L’ipotesi di un passaporto sanitario per consentire ai turisti di muoversi liberamente tra i paesi dell’Unione europea in modo da poter riaprire gradualmente le frontiere interne e consentire i viaggi transfrontalieri già da quest’estate potrebbe essere una buona idea a patto che si adotti, però, un metodo comune a livello europeo per certificare lo stato di salute del cittadino con regole uguali per tutti. Dobbiamo scongiurare che si approdi ad accordi bilaterali tra i Paesi dai quali l’Italia potrebbe risultare esclusa o penalizzata.
Molti scali aeroportuali lamentano il ritiro dei servizi low cost su alcune rotte, con le compagnie attratte da sirene Paesi che promettono maggiore traffico, meno tasse e incentivi. La preoccupazione è che si distruggano relazioni costruite negli anni e che si riduca notevolmente l’offerta per chi è abituato a viaggiare a basso costo. Come si può agire in favore verso il sistema dei trasporti?
Viaggiare in aereo per i prossimi mesi non sarà più come prima e le compagnie aeree low cost sono quelle che rischiano di più. Per poter rimanere sul mercato saranno costrette a rivedere il loro modello di business che si fonda su comportamenti sociali che oggi – e probabilmente ancora per un po’ – saranno impraticabili. Le compagnie aeree e le società di gestione degli aeroporti premono affinché il distanziamento sociale non venga introdotto tra i requisiti per riprendere a volare.
Non solo per le difficoltà logistiche, ma anche per le ricadute economiche che avrebbe sulle casse delle società, costringendo per esempio i vettori a sacrificare almeno un terzo dei ricavi. Il trasporto aereo si dovrà avviare verso una rimodulazione che sarebbe stata comunque inesorabile anche se necessariamente più lenta. Per il comparto low-cost, che era già in difficoltà, la pandemia non farà altro che accelerare alcuni cambiamenti che erano in atto. Ci sarà ancora una concorrenza sui prezzi, ma le differenze con le compagnie tradizionali si ridurranno.

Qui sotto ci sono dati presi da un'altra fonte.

-- ===== src/Dump/Undone.antt =====
-- The bytes that a dump shows, read back from its columns.
use ax25toolkit.Base.{
  ℕ, zero, suc, ◌+◌, ◌-◌, ◌*◌, ◌/◌, ◌%◌, ◌<◌, ◌≤◌, ◌≡◌, refl, ◌≢◌, ap, ◌∙◌, Bool, true, false, ◌&&◌,
  not, List, [], ◌∷◌, ◌++◌, map, replicate, Bytes, ◌==◌, ltb, if◌then◌else◌, ==_iff, length, take,
  drop, get_or, take-append-drop, All, All-append, All-weaken, take-All, drop-All, length-take,
  length-drop, drop-append, arith, Option, none, some,
}
use mathlib.Core.Path.{ap₂}
use ax25toolkit.Base.Bits.{holds_below, holds_below-lt}
use ax25toolkit.Base.Text.{break_at}
use ax25toolkit.Base.Text.Fields.{fields, fields_piece, break_at_sep}
use ax25toolkit.Dump.{
  digit, two_digits, hex_digits, eight_digits, gap, columns, printable, dump_line, dump_lines,
  hex_dump,
}

abbrev value : ℕ → ℕ
value c = if ltb c b'a' then c - b'0' else (c - b'a') + 10

-- The bytes in the columns from `i` on, up to a blank one or the last.
abbrev pub read_columns : ℕ → ℕ → Bytes → Bytes
read_columns zero i text = []
read_columns (suc k) i text =
    let t = drop (if i == 8 then 1 else 0) text in
    if get_or t 0 b' ' == b' '
    then []
    else (value (get_or t 0 0) * 16 + value (get_or t 1 0)) ∷ read_columns k (suc i) (drop 3 t)

abbrev behind_blanks : Option Bytes → Bytes
behind_blanks none = []
behind_blanks (some t) = read_columns 16 0 (drop 1 t)

-- A line behind a prefix of `n` characters: its columns stand behind the offset and two blanks.
abbrev pub read_line : ℕ → Bytes → Bytes
read_line n line = behind_blanks (break_at b' ' (drop n line)).1

abbrev pub read_lines : ℕ → List Bytes → Bytes
read_lines n [] = []
read_lines n (l ∷ ls) = read_line n l ++ read_lines n ls

abbrev pub read_dump : ℕ → Bytes → Bytes
read_dump n text = read_lines n (fields 10 [] text)

abbrev byte_shown : ℕ → Bool
byte_shown b =
    (value (digit (b / 16)) * 16 + value (digit (b % 16)) == b) && not (digit (b / 16) == b' ')

digits_table : holds_below 256 byte_shown ≡ true
unfolding holds_below
digits_table = refl

both_true : (p q : Bool) → (p && q) ≡ true → (p ≡ true) × (q ≡ true)
both_true p q h = ground (arith, h)

byte_back :
    (b : ℕ)
    → b < 256
    → (value (digit (b / 16)) * 16 + value (digit (b % 16)) ≡ b)
      × ((digit (b / 16) == b' ') ≡ false)
byte_back b h =
    let r = both_true _ _ (holds_below-lt 256 byte_shown b digits_table h) in
    ((==_iff _ b).0 r.0, ground (arith, r.1))

gap_skipped :
    (i : ℕ) (xs rest : Bytes) → drop (if i == 8 then 1 else 0) ((gap i ++ xs) ++ rest) ≡ xs ++ rest
gap_skipped i xs rest = ground arith

read_columns_lem :
    (k i : ℕ) (row rest : Bytes)
    → length row ≤ k
    → All (λ b. b < 256) row
    → read_columns k i (columns k i row ++ rest) ≡ row
unfolding columns
read_columns_lem zero i [] rest h a = refl
read_columns_lem zero i (b ∷ bs) rest h a = absurd (omega arith)
read_columns_lem (suc k) i [] rest h a =
    rw (gap_skipped i (b' ' ∷ b' ' ∷ b' ' ∷ columns k (suc i) []) rest) refl
read_columns_lem (suc k) i (b ∷ bs) rest h a =
    let r = byte_back b a.0 in
    rw (gap_skipped i (two_digits b ++ (b' ' ∷ columns k (suc i) bs)) rest, r.1, r.0)
      (ap (◌∷◌ b) (read_columns_lem k (suc i) bs rest (omega arith) a.1))

-- A character of the offset.
IsHex : ℕ → Type 0
IsHex c = (c ≢ b' ') × (c ≢ 10)

digit-IsHex : (n : ℕ) → IsHex (digit n)
unfolding IsHex
digit-IsHex n = ground arith

All-if : (b : Bool) (xs ys : Bytes) → All IsHex xs → All IsHex ys → All IsHex (if b then xs else ys)
All-if true xs ys h k = h
All-if false xs ys h k = k

hex_digits-All : (fuel n : ℕ) (acc : Bytes) → All IsHex acc → All IsHex (hex_digits fuel n acc)
unfolding hex_digits
hex_digits-All zero n acc h = h
hex_digits-All (suc fuel) n acc h =
    All-if (ltb n 16) _ _ (digit-IsHex n, h)
      (hex_digits-All fuel (n / 16) (digit (n % 16) ∷ acc) (digit-IsHex (n % 16), h))

zeros-All : (n : ℕ) → All IsHex (replicate n b'0')
zeros-All zero = tt
zeros-All (suc n) = (digit-IsHex 0, zeros-All n)

eight_digits-All : (n : ℕ) → All IsHex (eight_digits n)
unfolding eight_digits
eight_digits-All n =
    let ds = hex_digits (suc n) n [] in
    All-append IsHex (replicate (8 - length ds) b'0') ds (zeros-All (8 - length ds))
      (hex_digits-All (suc n) n [] tt)

abbrev NoNewline : ℕ → Type 0
NoNewline c = c ≢ 10

gap_one_line : (i : ℕ) → All NoNewline (gap i)
gap_one_line i = ground arith

columns_one_line : (k i : ℕ) (row : Bytes) → All NoNewline (columns k i row)
unfolding columns IsHex
columns_one_line zero i row = tt
columns_one_line (suc k) i [] =
    All-append NoNewline (gap i) _ (gap_one_line i)
      (ground arith, (ground arith, (ground arith, columns_one_line k (suc i) [])))
columns_one_line (suc k) i (b ∷ bs) = All-append NoNewline (gap i) _ (gap_one_line i) (
  (digit-IsHex (b / 16)).1,
  ((digit-IsHex (b % 16)).1, (ground arith, columns_one_line k (suc i) bs)),
)

printable_one_line : (row : Bytes) → All NoNewline (map printable row)
printable_one_line [] = tt
printable_one_line (b ∷ bs) = (ground arith, printable_one_line bs)

module _ (prefix : Bytes) (h : All (λ c. c ≢ 10) prefix) where
  line_one_line : (off : ℕ) (row : Bytes) → All NoNewline (dump_line prefix off row)
  unfolding dump_line IsHex
  line_one_line off row =
      let space : NoNewline b' ' = ground arith in
      let bar : NoNewline b'|' = ground arith in
      All-append NoNewline prefix _ h (
        All-append NoNewline (eight_digits off) _
          (All-weaken IsHex NoNewline (eight_digits off) (λ c k. k.1) (eight_digits-All off))
          (
            space,
            (
              space,
              All-append NoNewline (columns 16 0 row) _ (columns_one_line 16 0 row) (
                space,
                (
                  bar,
                  All-append NoNewline (map printable row) _ (printable_one_line row) (bar, tt),
                ),
              ),
            ),
          ))

  read_line-dump_line :
      (off : ℕ) (row : Bytes)
      → length row ≤ 16
      → All (λ b. b < 256) row
      → read_line (length prefix) (dump_line prefix off row) ≡ row
  unfolding dump_line IsHex
  read_line-dump_line off row s a =
      let tail = b' ' ∷ b'|' ∷ (map printable row ++ b'|' ∷ []) in
      let behind = b' ' ∷ (columns 16 0 row ++ tail) in
      ap (λ t. behind_blanks (break_at b' ' t).1)
        (drop-append (length prefix) 0 prefix (eight_digits off ++ (b' ' ∷ behind)) (omega arith))
      ∙ ap (λ (t : Bytes × Option Bytes). behind_blanks t.1)
          (break_at_sep b' ' (eight_digits off) behind (
            All-weaken IsHex (λ c. c ≢ b' ') (eight_digits off) (λ c k. k.0)
              (eight_digits-All off)))
      ∙ read_columns_lem 16 0 row tail s a

  read_dump_lines :
      (fuel off : ℕ) (bs : Bytes)
      → length bs ≤ fuel
      → All (λ b. b < 256) bs
      → read_dump (length prefix) (dump_lines fuel prefix off bs) ≡ bs
  unfolding dump_lines
  read_dump_lines zero off [] s a = unfold fields in refl
  read_dump_lines zero off (b ∷ bs) s a = absurd (omega arith)
  read_dump_lines (suc fuel) off [] s a = unfold fields in refl
  read_dump_lines (suc fuel) off (b ∷ bs) s a =
      let row = take 16 (b ∷ bs) in
      ap (read_lines (length prefix)) (
        fields_piece 10 [] (dump_line prefix off row)
          (dump_lines fuel prefix (off + 16) (drop 16 (b ∷ bs))) (line_one_line off row))
      ∙ ap₂ ◌++◌
          (read_line-dump_line off row (omega (arith, length-take 16 (b ∷ bs)))
            (take-All (λ c. c < 256) 16 (b ∷ bs) a))
          (read_dump_lines fuel (off + 16) (drop 16 (b ∷ bs)) (omega (arith, length-drop 15 bs))
            (drop-All (λ c. c < 256) 16 (b ∷ bs) a))
      ∙ take-append-drop 16 (b ∷ bs)

-- Nothing is lost in a dump: from its columns all bytes are read back in their order, however many there are. The
-- prefix of the lines holds no newline.
pub read_dump-hex_dump :
    (bs prefix : Bytes)
    → All (λ b. b < 256) bs
    → All (λ c. c ≢ 10) prefix
    → read_dump (length prefix) (hex_dump bs prefix) ≡ bs
unfolding hex_dump
read_dump-hex_dump bs prefix a h = read_dump_lines prefix h (length bs) 0 bs (omega arith) a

Con ogni probabilità, il turismo dei prossimi mesi sarà più “povero”, per la crisi generalizzata della nostra economia e anche perché isolamento e paura del contagio incideranno sulla scelta di fare vacanza, non solo di dove farla. Condivide?

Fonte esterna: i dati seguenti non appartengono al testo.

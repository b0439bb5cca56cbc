-- ===== src/Frame/Format.antt =====
-- `Frame::format` of lib/ax25lib.cpp, the line that a monitor prints for a frame.
use ax25toolkit.Base.{
  ℕ, ◌+◌, ◌-◌, ◌/◌, ◌%◌, Bool, true, not, ◌&&◌, ◌||◌, List, [], ◌∷◌, ◌++◌, Bytes, ◌==◌, ltb,
  if◌then◌else◌, is_empty,
}
use ax25toolkit.Base.Text.{to_string, codes}
use ax25toolkit.Addr.{Addr, str}
use ax25toolkit.Frame.{
  Frame, FrameType, unknown, i_frame, s_frame, ui, sabm, disc, ua, dm, frmr, rr, rnr, rej, type,
  type_of, ns_of, nr_of, get_ns, get_nr,
}

-- `ts`
unfoldable pub type_text : FrameType → Bytes
type_text i_frame = codes "I"
type_text s_frame = codes "S"
type_text ui = codes "UI"
type_text sabm = codes "SABM"
type_text disc = codes "DISC"
type_text ua = codes "UA"
type_text dm = codes "DM"
type_text frmr = codes "FRMR"
type_text rr = codes "RR"
type_text rnr = codes "RNR"
type_text rej = codes "REJ"
type_text unknown = codes "?"

unfoldable pub digi_text : List Addr → Bytes
unfolding str
digi_text [] = []
digi_text (d ∷ ds) = b',' ∷ (str d ++ digi_text ds)

-- An upper-case digit of base 16.
abbrev pub hex_digit : ℕ → ℕ
hex_digit n = if ltb n 10 then b'0' + n else b'A' + (n - 10)

abbrev pub hex_byte : ℕ → Bytes
hex_byte b = hex_digit (b / 16) ∷ hex_digit (b % 16) ∷ []

-- A byte that may stand in printed text.
abbrev pub is_plain : ℕ → Bool
is_plain b = not (ltb b 0x20) || (b == b'\r' || b == b'\n' || b == b'\t')

unfoldable pub is_text : Bytes → Bool
is_text [] = true
is_text (b ∷ bs) = is_plain b && is_text bs

unfoldable pub trim_line : Bytes → Bytes
trim_line [] = []
trim_line (c ∷ cs) =
    let rest = trim_line cs in if (c == b'\r' || c == b'\n') && is_empty rest then [] else c ∷ rest

unfoldable pub hex_text : Bytes → Bytes
hex_text [] = []
hex_text (b ∷ bs) = b' ' ∷ (hex_byte b ++ hex_text bs)

unfoldable pub info_text : Bytes → Bytes
unfolding is_text trim_line hex_text
info_text info =
    if is_empty info
    then []
    else if is_text info
    then codes " | " ++ trim_line info
    else codes " | [HEX:" ++ (hex_text info ++ (b']' ∷ []))

-- N(S) and N(R) of the types that carry them.
unfoldable pub numbers_text : Frame → Bytes
unfolding type_of ns_of nr_of to_string
numbers_text f = elim (type f) [
  | i_frame ↦ codes " Ns=" ++ (to_string (get_ns f) ++ (codes " Nr=" ++ to_string (get_nr f)))
  | rr ↦ codes " Nr=" ++ to_string (get_nr f)
  | rnr ↦ codes " Nr=" ++ to_string (get_nr f)
  | rej ↦ codes " Nr=" ++ to_string (get_nr f)
  | _ ↦ []
]

unfoldable pub format : Frame → Bytes
unfolding type_of str digi_text type_text numbers_text info_text
format f =
    str f.src
    ++ (b'>'
        ∷ (str f.dest
            ++ (digi_text f.digis
                ++ (codes " ["
                    ++ (type_text (type f)
                        ++ (b']'
                            ∷ (numbers_text f
                                ++ ((if f.has_pid then codes " PID=0x" ++ hex_byte f.pid else [])
                                    ++ info_text f.info))))))))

É inevitabile che il modo di fare turismo sarà stravolto e gli italiani avranno tutti una minore capacità di spesa. Indipendentemente dalle restrizioni imposte dai vari Paesi, c’è ancora molta paura individuale anche se si stanno cercando delle buone motivazioni per tornare a viaggiare. Possiamo comunque ipotizzare che sarà un turismo che privilegerà l’Italia meno nota, le attività open air e il turismo lento. Dovremo tornare, almeno per quest’ anno, ad essere turisti a casa nostra.

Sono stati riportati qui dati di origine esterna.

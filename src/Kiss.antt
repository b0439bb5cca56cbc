-- ===== src/Kiss.antt =====
-- The KISS codec: namespace `kiss` of lib/ax25lib.hpp and lib/ax25lib.cpp (`encode`, `Decoder`).
-- A `uint8_t` is a number; `Cmd` is its underlying byte, since `Cmd(x)` casts any byte.
pub mod Cmd
pub mod Escaping
pub mod RoundTrip
pub mod Stream
pub mod Params
use ax25toolkit.Base.{
  ℕ, ◌*◌, ◌/◌, ◌%◌, ◌^◌, Bool, true, false, not, List, [], ◌∷◌, ◌++◌, Bytes, ◌==◌, if◌then◌else◌,
  bit_and, bit_or,
}

abbrev pub fend : ℕ
fend = 0xC0

abbrev pub fesc : ℕ
fesc = 0xDB

abbrev pub tfend : ℕ
tfend = 0xDC

abbrev pub tfesc : ℕ
tfesc = 0xDD

pub record Frame : Type 0 where
  pub command : ℕ
  pub port : ℕ
  pub payload : Bytes

-- The loop over the payload.
unfoldable pub escape : Bytes → Bytes
escape [] = []
escape (b ∷ bs) =
    if b == fend
    then fesc ∷ tfend ∷ escape bs
    else if b == fesc
    then fesc ∷ tfesc ∷ escape bs
    else b ∷ escape bs

unfoldable pub type_byte : ℕ → ℕ → ℕ
type_byte cmd port = bit_or (bit_and port 0x0F * 2 ^ 4) (bit_and cmd 0x0F) % 2 ^ 8

unfoldable pub encode : Bytes → ℕ → ℕ → Bytes
unfolding escape type_byte
encode payload cmd port = fend ∷ type_byte cmd port ∷ (escape payload ++ fend ∷ [])

-- `on_raw` tells whether a callback is set for the bytes outside frames.
pub record Decoder : Type 0 where
  pub in_frame : Bool
  pub escaped : Bool
  pub buf : Bytes
  pub on_raw : Bool

abbrev pub fresh : Decoder
fresh = record { in_frame = false; escaped = false; buf = []; on_raw = true }

-- What a call hands out: the frames returned, and the bytes passed to `on_raw_`.
pub record Output : Type 0 where
  pub frames : List Frame
  pub raw : Bytes

abbrev pub nothing : Output
nothing = record { frames = []; raw = [] }

abbrev pub both : Output → Output → Output
both o p = record { frames = o.frames ++ p.frames; raw = o.raw ++ p.raw }

-- The frame that `buf_` holds at a closing FEND; an empty buffer is kept open.
unfoldable pub complete : Decoder → Bytes → Decoder × Output
complete d [] = (d, nothing)
complete d (t ∷ rest) = (
  record d { in_frame = false; buf = []; escaped = false },
  record {
    frames =
        record { command = bit_and t 0x0F; port = bit_and (t / 2 ^ 4) 0x0F; payload = rest } ∷ [];
    raw = [];
  },
)

-- A byte inside a frame that is no FEND.
unfoldable pub inside : Decoder → ℕ → Decoder
inside d b =
    if d.escaped
    then record d {
      buf =
          if b == tfend
          then d.buf ++ fend ∷ []
          else if b == tfesc
          then d.buf ++ fesc ∷ []
          else d.buf;
      escaped = false;
    }
    else if b == fesc
    then record d { escaped = true }
    else record d { buf = d.buf ++ b ∷ [] }

-- The body of the loop of `feed`.
unfoldable pub feed_byte : Decoder → ℕ → Decoder × Output
unfolding complete inside
feed_byte d b =
    if b == fend
    then (if not d.in_frame
        then (record d { in_frame = true; buf = []; escaped = false }, nothing)
        else complete d d.buf)
    else if not d.in_frame
    then (d, record { frames = []; raw = if d.on_raw then b ∷ [] else [] })
    else (inside d b, nothing)

unfoldable pub feed : Decoder → Bytes → Decoder × Output
unfolding feed_byte
feed d [] = (d, nothing)
feed d (b ∷ bs) = let (d', o) = feed_byte d b in let (d'', p) = feed d' bs in (d'', both o p)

Decreto aprile: quali misure dovrebbe necessariamente contenere per la filiera turistica?
Nel decreto di aprile ci aspettiamo misure serie, un aiuto forte alla fiscalità, soldi veri e non solo prestiti. Servono finanziamenti immediati a fondo perduto così come è necessario lo stralcio totale delle imposte dirette per tutto il 2020. Le imprese del turismo non sono disposte a pagare le tasse per un periodo nel quale non hanno incassato nulla. Servono interventi mirati, dedicati alle specifiche esigenze delle imprese turistiche che sono e saranno per chissà quanto tempo ancora, le più colpite dalla pandemia, adottando scelte immediate e mobilitando cospicue risorse, altrimenti con il blocco dell’offerta e il crollo totale della domanda si rischia di assistere alla loro moria nel giro di poco.
Torneremo presto a essere il Belpaese da vivere?
I tempi di rientro alla normalità saranno lunghi, in particolare per la clientela internazionale che costituisce la metà del nostro mercato. Per vedere in Italia lo stesso numero di turisti internazionali del 2019 dovremo aspettare il 2023. Un anno in meno, invece, per il recupero dei flussi sul mercato interno. Le prime a ripartire saranno quelle città d’arte che possono contare su un turismo prevalentemente domestico. Sarà difficoltoso, ma ci risolleveremo anche questa volta.